So instead of the induction hypothesis being "suppose P(n) holds", it's the seemingly stronger "suppose P(k) holds for all k <= n"

I say 'seemingly' because strong induction isn't actually any stronger, in terms of what you can prove with it. It's called that because it feels stronger to work with

It’s also nicely related to the principle of transfinite induction, which lets you generalise induction beyond just the natural numbers

<@&268886789983436800>

okay that makes everything so crystal clear now, thank you so much

crazy that i needed a few more things from galois theory to understand my undergrad class tho

if $f$ is a function defined by transfinite recursion such that it is strictly increasing up to an upper bound, is there necessarily an ordinal at which this upper bound is attained?

lexi

If it is defined on all ordinals and its values are ordinals too and it is strictly increasing, then it cannot have an upper bound.

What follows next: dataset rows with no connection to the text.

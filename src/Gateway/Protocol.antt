-- ===== src/Gateway/Protocol.antt =====
-- backend/src/interfaces/ws/protocol.rs. A time is formatted by the `time` crate, which is the
-- parameter `rfc3339`: it gives no text where the formatting fails.
use sagiton.Prelude.{ℕ, String, Option, none, some, [], unwrap_or}
use sagiton.Prelude.Int.{ℤ}
use sagiton.Text.{Text}
use sagiton.Shared.{Message}
use sagiton.Schema.{MessageRecord}

pub data PresenceStatus : Type 0 where
  online offline : PresenceStatus

-- `MessagePayload` and `ThreadMessagePayload`; `scope_id` is `channel_id` or `thread_id`.
pub record MessagePayload : Type 0 where
  pub id : ℕ
  pub scope_id : ℕ
  pub author_id : ℕ
  pub content : Text
  pub created_at : Text
  pub edited_at : Option Text

pub data ServerEvent : Type 0 where
  ready : (user_id : ℕ) → ServerEvent
  heartbeat_ack : (ts : ℤ) → ServerEvent
  channel_subscribe_ack : (channel_id : ℕ) → ServerEvent
  thread_subscribe_ack : (thread_id : ℕ) → ServerEvent
  presence_update : (user_id : ℕ) (status : PresenceStatus) → ServerEvent
  message_create message_update : (channel_id : ℕ) (message : MessagePayload) → ServerEvent
  message_delete : (channel_id message_id : ℕ) (deleted_at : Text) → ServerEvent
  thread_message_create thread_message_update :
      (thread_id : ℕ) (message : MessagePayload) → ServerEvent
  thread_message_delete : (thread_id message_id : ℕ) (deleted_at : Text) → ServerEvent
  thread_request_received : (thread_id requester_user_id receiver_user_id : ℕ) → ServerEvent
  thread_accepted :
      (thread_id accepted_by_user_id requester_user_id receiver_user_id : ℕ) → ServerEvent
  typing : (channel_id user_id : ℕ) → ServerEvent
  thread_typing : (thread_id user_id : ℕ) → ServerEvent
  error : (code : String) (message : Message) → ServerEvent

pub data ClientCommand : Type 0 where
  identify : (token : Text) → ClientCommand
  heartbeat : (ts : ℤ) → ClientCommand
  subscribe_channel unsubscribe_channel typing_start : (channel_id : ℕ) → ClientCommand
  subscribe_thread unsubscribe_thread thread_typing_start : (thread_id : ℕ) → ClientCommand

-- `Option::and_then(|ts| ts.format(…).ok())`.
abbrev format_optional : (ℕ → Option Text) → Option ℕ → Option Text
format_optional rfc3339 none = none
format_optional rfc3339 (some ts) = rfc3339 ts

-- `MessagePayload::from`, and the same of `ThreadMessagePayload`.
unfoldable pub to_payload : (ℕ → Option Text) → MessageRecord → MessagePayload
to_payload rfc3339 value = record {
  id = value.id;
  scope_id = value.scope_id;
  author_id = value.author_id;
  content = value.content;
  created_at = unwrap_or (rfc3339 value.created_at) [];
  edited_at = format_optional rfc3339 value.edited_at;
}

-- `server_event_name` of the gateway.
unfoldable pub server_event_name : ServerEvent → String
server_event_name (ready _) = "READY"
server_event_name (heartbeat_ack _) = "HEARTBEAT_ACK"
server_event_name (channel_subscribe_ack _) = "CHANNEL_SUBSCRIBE_ACK"
server_event_name (thread_subscribe_ack _) = "THREAD_SUBSCRIBE_ACK"
server_event_name (presence_update _ _) = "PRESENCE_UPDATE"
server_event_name (message_create _ _) = "MESSAGE_CREATE"
server_event_name (message_update _ _) = "MESSAGE_UPDATE"
server_event_name (message_delete _ _ _) = "MESSAGE_DELETE"
server_event_name (thread_message_create _ _) = "THREAD_MESSAGE_CREATE"
server_event_name (thread_message_update _ _) = "THREAD_MESSAGE_UPDATE"
server_event_name (thread_message_delete _ _ _) = "THREAD_MESSAGE_DELETE"
server_event_name (thread_request_received _ _ _) = "THREAD_REQUEST_RECEIVED"
server_event_name (thread_accepted _ _ _ _) = "THREAD_ACCEPTED"
server_event_name (typing _ _) = "TYPING"
server_event_name (thread_typing _ _) = "THREAD_TYPING"
server_event_name (error _ _) = "ERROR"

(This requires just that the definition is such that the restriction of the function to any initial sequence of the ordinals is a set, which is certainly the case for definitions by transfinite recursion).

Or does your function have real values instead of ordinals?

two clarifications, then:

• its values are subsets of a set
• for successor ordinals, F(k + 1) = f(F(k)) for a recurrence relation f(x)
• there is an upper bound U such that f(x) = x for all x >= U

There cannot be any function f such that

• f(a) is defined for all ordinals a
• f(a) is always a subset of some fixed set X
• f is strictly increasing

(Poof: let k be the Hartogs number of P(X), namely the first ordinal such that there is no injection from k to P(X). The existence of such a number can be proved without the axiom of choice. Now consider g(a) = f(a+1)\f(a) -- if f is strictly increasing then g(a) is always nonempty and all its values are disjoint; thus g restricted to k is an injection from k into P(X), which we assumed doesn't exist).

Oh wait, how does "its values are subset of a set" and "f(x)=x for all x>=U" even make sense together?

F is defined, for successor ordinals, through f: S -> S

where F(k + 1) = f(F(k))

That doesn't answer my problem. If f(x)=x for arbitrary large ordinals x, how can it also be true that all those x are subsets of some fixed set?

f is defined on subsets of a fixed set, as are F(k) for any ordinal k. F takes an ordinal and maps it to a subset

If f is supposed to map ordinals to subsets of your fixed set, then how does "f(x)=x in such-and-such conditions" make sense?

i think i can make myself clearer

give me a moment

@coral parcel Let $S$ be some set, and $f: \mathcal P(S) \to \mathcal P(S)$ a map such that $f(S) = S$ and for any $T \subset S$, $T \subset f(T)$. Now define $F(\lambda) \subseteq S$ for ordinals $\lambda$ such that if $F(\lambda + 1) = f(F(\lambda))$, and if $\lambda$ is a limit ordinal, $F(\lambda) = \bigcup_{\alpha < \lambda} F(\alpha)$. Is there an ordinal $\lambda$ such that $F(\lambda) = S$?

lexi

i think i have a proof that this holds

I suppose you treat 0 as a limit ordinal, so F(0) = Ø?

yes

my idea is that you just pick an ordinal whose cardinality is larger than P(S) and show that you run out of distinct sets before you get to that ordinal

Okay, in that case I think you're right.

"Ordinal whose cardinality is larger than P(S)" is more or less what I said above too, so we're in agreement!

thank you!

<@&268886789983436800>

When testing de Morgan’s law via truth table after p and q and potential r Does it Matter the order of the truth table?

The two truth tables should have the same values for each variable to make it easier yeah

But all you technically need to check is that “for p,q both 0, is the entry in both tables the same?”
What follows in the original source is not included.